View attached image.

Thanks for the kind words. I appreciate it and stay safe out there!

I am optimistic it's gonna be a better year for me. I've lost what I've had to lose. It's time to gain back and maybe more. Despite the incident, I am feeling alright. I'll try to not let it bum me down.

Yeah, but I could never win a debate with them over that. I can't blame them but the scammers and myself for not paying attention and having my guard down. I wish it was as easy to just get the value in money from the cards lost, but I would probably ask for too much. It would be a nice gesture from Valve to be honest. I've been a loyal user and even if I sound now all entitled and stuff and I doubt I deserve that much, I do appreciate that they at least reestated my account back without further damage.

that would at least alert people who enter their credentials on phishing sites.

That's some wishful thinking.

Not the same thing, but I got a bit worried a few days ago when I noticed that in the activity feed from steam there was an entry that I...was now friends with another account...completely in asian letters.

My account is private, I don't have many friends in my list and I haven't gotten or accepted any friendrequest of him/her.
I might have sent a friendrequest to him/her a long long time ago because if this site because I had some people who didn't activate their wins after a longer waiting period.
But I'm not sure and I don't know if steam even "holds" requests that long.
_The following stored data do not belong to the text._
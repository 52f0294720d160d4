-- ===== src/Parsers.antt =====
-- src/socks5_parsers.c: the incremental parsers of the three SOCKS5 messages that a client sends.
pub mod Run
pub mod Collect
pub mod Hello
pub mod Auth
pub mod Request
pub mod Stream
mod Tests
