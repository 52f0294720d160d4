-- ===== src/Parsers/Run.antt =====
-- The `*_parser_consume` functions of src/socks5_parsers.c, which are one loop over three parsers,
-- and what the loop means on the bytes that the buffer holds.
use tpe2026c1_socks.Buffer.Queue.{
  contents, Holds, buffer_read_cons, Holds-refl, Holds-trans, can_read_cons, can_read_nil,
  length-contents,
}
use tpe2026c1_socks.Buffer.{Buffer, buffer_can_read, buffer_read}
use tpe2026c1_socks.Buffer.Bounds.{IsValid}
use tpe2026c1_socks.Prelude.{
  Bool, Bool-cases, Bytes, Option, [], false, if◌then◌else◌, inl, inr, length, none, refl, some,
  suc, true, zero, ℕ, ◌++◌, ◌<◌, ◌>>=◌, ◌∷◌, ◌≡◌, arith,
}

-- What a parse makes of the bytes received so far: it needs more, it refuses them, or it is
-- complete with a value; `bad` and `complete` hold the bytes behind the last one that was read.
pub data Outcome {ℓ} (A : Type ℓ) : Type ℓ where
  more : Outcome A
  bad : Bytes → Outcome A
  complete : A → Bytes → Outcome A

-- `feed` moves the parser by one byte, `finished` tests its state for DONE or ERROR, and `failed`
-- for ERROR.
module _ {P : Type 0} (feed : P → ℕ → P) (finished : P → Bool) where
  -- The parser, the bytes left and whether it finished.
  abbrev pub run : P → Bytes → P × Bytes × Bool
  run p [] = (p, [], false)
  run p (b ∷ bs) = if finished (feed p b) then (feed p b, bs, true) else run (feed p b) bs

  -- Where the parser may have finished already.
  abbrev pub resume : P → Bytes → P × Bytes × Bool
  resume p bs = if finished p then (p, bs, true) else run p bs

  pub run-append :
      (p : P) (xs ys : Bytes)
      → run p (xs ++ ys)
        ≡ (if (run p xs).2 then ((run p xs).0, (run p xs).1 ++ ys, true) else run (run p xs).0 ys)
  run-append p [] ys = refl
  run-append p (x ∷ xs) ys = elim (Bool-cases (finished (feed p x))) [
    | inl e ↦ rw e
    | inr e ↦ rw e (run-append (feed p x) xs ys)
  ]

module _ {P : Type 0} (feed : P → ℕ → P) (finished failed : P → Bool) where
  -- The loop, with fuel; `none` is an abort or the end of the fuel. The results are the returned
  -- value, the parser, the buffer and `*error`.
  unfoldable pub consume_loop : ℕ → P → Buffer → Bool → Option (Bool × P × Buffer × Bool)
  consume_loop zero p buf error = none
  consume_loop (suc fuel) p buf error =
      if buffer_can_read buf
      then (do
        (b, buf') ← buffer_read buf
        let p' = feed p b
        let rest = consume_loop fuel p' buf' error
        if finished p' then some (true, p', buf', failed p') else rest)
      else some (false, p, buf, error)

  -- One round for each byte of the storage, and one for the last test.
  unfoldable pub consume : P → Buffer → Bool → Option (Bool × P × Buffer × Bool)
  unfolding consume_loop
  consume p buf error = consume_loop (suc (length buf.storage)) p buf error

  consume_loop_lem :
      (q : Bytes) (fuel : ℕ) (p : P) {b : Buffer} (error : Bool)
      → IsValid b
      → contents b ≡ q
      → length q < fuel
      → (c : Buffer) × (consume_loop fuel p b error
          ≡ some (
            (run feed finished p q).2,
            (run feed finished p q).0,
            c,
            (if (run feed finished p q).2 then failed (run feed finished p q).0 else error),
          ))
        × Holds b c (run feed finished p q).1
  unfolding consume_loop
  consume_loop_lem q zero p error v e h = elim h [ ]
  consume_loop_lem [] (suc fuel) p {b} error v e h = (b, rw (can_read_nil v e), Holds-refl v e)
  consume_loop_lem (x ∷ q) (suc fuel) p {b} error v e h =
      let (c, read_ok, k) = buffer_read_cons v e in
      let (d, loop, l) = consume_loop_lem q fuel (feed p x) error k.valid k.holds (omega arith) in
      elim (Bool-cases (finished (feed p x))) [
        | inl t ↦ (c, rw (can_read_cons v e, read_ok, t), rw t k)
        | inr t ↦ (d, rw (can_read_cons v e, read_ok, t) loop, rw t (Holds-trans k l))
      ]

  -- What a `consume` call does on a valid buffer, whatever the parser: it does not abort, it feeds
  -- the waiting bytes up to the one that finishes the parser, and it leaves the others waiting.
  pub consume_lem :
      (p : P) {b : Buffer} (error : Bool)
      → IsValid b
      → (c : Buffer) × (consume p b error
          ≡ some (
            (run feed finished p (contents b)).2,
            (run feed finished p (contents b)).0,
            c,
            (if (run feed finished p (contents b)).2
                then failed (run feed finished p (contents b)).0
                else error),
          ))
        × Holds b c (run feed finished p (contents b)).1
  unfolding consume
  consume_lem p {b} error v =
      consume_loop_lem (contents b) (suc (length b.storage)) p error v refl
        (omega (arith, length-contents v))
Well I deleted him/her from my list and searched the preferences and the web on how to disable auto accept of a friendrequest on steam.
But I couldn't find such an option and I'm not sure if it even exists. Maybe I'm just very blind.
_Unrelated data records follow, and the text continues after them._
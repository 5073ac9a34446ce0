-- ===== src/Fuel/Update.antt =====
-- pt_map_update with more fuel.
use pillowtalk.Prelude.{ℕ, zero, suc, true, false, ◌||◌, some, ◌==◌}
use pillowtalk.Libraries.{Bytes, Ptr, Libraries}
use pillowtalk.Heap.{
  null, pure, Prog, ◌>>=◌, ◌>>◌, PtType, pt_map, pt_array, pt_null, pt_boolean, pt_integer,
  pt_double, pt_string, pt_key_value,
}
use pillowtalk.Map.{map_get, map_set}
use pillowtalk.Clone.{clone, load_pair}
use pillowtalk.Update.{
  type_code, load_type, advance, merge_same_type, merge_existing, merge_pair, update_loop,
  first_pair, map_update,
}
use pillowtalk.Fuel.{
  Extends, Extends-same, Extends-spent, Extends-if, Extends-bind, Extends-after, Extends-Bool,
}
use pillowtalk.Fuel.Clone.{clone-Extends, map_set-Extends}

module _ ⦃L : Libraries⦄ where
  copy-Extends :
      (f : ℕ) (root : Ptr) (key : Bytes) (value : Ptr)
      → Extends
          (clone f value >>= λ copy. map_set f root (some key) copy >> pure true)
          (clone (suc f) value >>= λ copy. map_set (suc f) root (some key) copy >> pure true)
  copy-Extends f root key value = Extends-bind _ _ _ _ (clone-Extends f value) λ copy.
      Extends-bind _ _ _ _ (map_set-Extends f root (some key) copy) λ _. Extends-same (pure true)

  module _ (rec rec' : Ptr → Ptr → Prog ℕ) (e : (p a : Ptr) → Extends (rec p a) (rec' p a)) where
    same_type-Extends :
        (f : ℕ) (root : Ptr) (key : Bytes) (value existing : Ptr) (ty : PtType)
        → Extends
            (merge_same_type rec f root key value existing ty)
            (merge_same_type rec' (suc f) root key value existing ty)
    unfolding merge_same_type
    same_type-Extends f root key value existing pt_map =
        Extends-bind _ _ _ _ (e existing value) λ _. Extends-same (pure true)
    same_type-Extends f root key value existing pt_array = copy-Extends f root key value
    same_type-Extends f root key value existing pt_null = copy-Extends f root key value
    same_type-Extends f root key value existing pt_boolean = copy-Extends f root key value
    same_type-Extends f root key value existing pt_integer = copy-Extends f root key value
    same_type-Extends f root key value existing pt_double = copy-Extends f root key value
    same_type-Extends f root key value existing pt_string = copy-Extends f root key value
    same_type-Extends f root key value existing pt_key_value = copy-Extends f root key value

    pair-Extends :
        (f : ℕ) (root : Ptr) (key : Bytes) (value : Ptr)
        → Extends (merge_pair rec f root key value) (merge_pair rec' (suc f) root key value)
    unfolding merge_pair merge_existing
    pair-Extends f root key value = Extends-if (value == null) _ _ _ _ (Extends-same (pure true)) (
        Extends-after (map_get root (some key)) _ _ λ existing.
          Extends-if (existing == null) _ _ _ _ (copy-Extends f root key value) (
            Extends-after (load_type value) _ _ λ tv. Extends-after (load_type existing) _ _ λ te.
              Extends-if (type_code tv == type_code te) _ _ _ _
                (same_type-Extends f root key value existing tv) (Extends-same (pure false))))

    loop-Extends :
        (f k : ℕ) (root cur : Ptr)
        → Extends (update_loop rec f k root cur) (update_loop rec' (suc f) (suc k) root cur)
    unfolding update_loop
    loop-Extends f zero root cur = Extends-spent (update_loop rec' (suc f) 1 root cur)
    loop-Extends f (suc k) root cur = Extends-if (cur == null) _ _ _ _ (Extends-same (pure 0)) (
        Extends-after (load_pair cur) _ _ λ kv.
          Extends-bind _ _ _ _ (pair-Extends f root kv.0 kv.1) (
            Extends-Bool _ _ (Extends-after (advance cur) _ _ λ next. loop-Extends f k root next)
              (Extends-same _)))

  pub map_update-Extends :
      (f : ℕ) (root additions : Ptr) (append : ℕ)
      → Extends (map_update f root additions append) (map_update (suc f) root additions append)
  unfolding map_update
  map_update-Extends zero root additions append = Extends-spent (map_update 1 root additions append)
  map_update-Extends (suc f) root additions append =
      Extends-if ((root == null) || (additions == null)) _ _ _ _ (Extends-same (pure 1)) (
        Extends-after (load_type root) _ _ λ tr.
          Extends-if (type_code tr == 0) _ _ _ _
            (Extends-after (load_type additions) _ _ λ ta.
              Extends-if (type_code ta == 0) _ _ _ _
                (Extends-after (first_pair additions) _ _ λ cur.
                  loop-Extends (λ r a. map_update f r a append)
                    (λ r a. map_update (suc f) r a append) (λ r a. map_update-Extends f r a append)
                    f f root cur)
                (Extends-same (pure 1)))
            (Extends-same (pure 1)))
Nothing bad has happend (up to this day) but I'm still a bit confused about it.

I think friend requests last a long time, but I think being safe than sorry is the ideal thing to do. If you don't know the person or can't remember doing any changes, it's a good sign to change your password and reset your connected devices. This mistake was all on me, so I am well aware how big of a dumbass I am for not checking and trusting my friends.

I don't have anything worth stealing in my account anyway, maybe that was the reason :D

I did and I'm currently bashing my head why I never bothered to sell or trade them all when I had the chance. I kept them in hopes to build it up and then do a bulk sale. I've done that last year and made off of a chunk of my cards about £25 and during Winter Sales on Steam, I bought myself some nice games. This year, I didn't bother to do that, so I left my account easy for picking. I've been farming all year new cards, so I feel I worked it out for nothing.

maybe someone changed nickname

I have it via app. But it asked me for a code. It failed to connect so, if you saw in my second message, I told him that the browser might be the issue or something. I didn't bother to check that my Steam guard on my phone was removed and I couldn't use it anymore. No e-mail notifications to let me know sudden changes were made, and no password changes... No notifications I was gifting the scammer... nothing.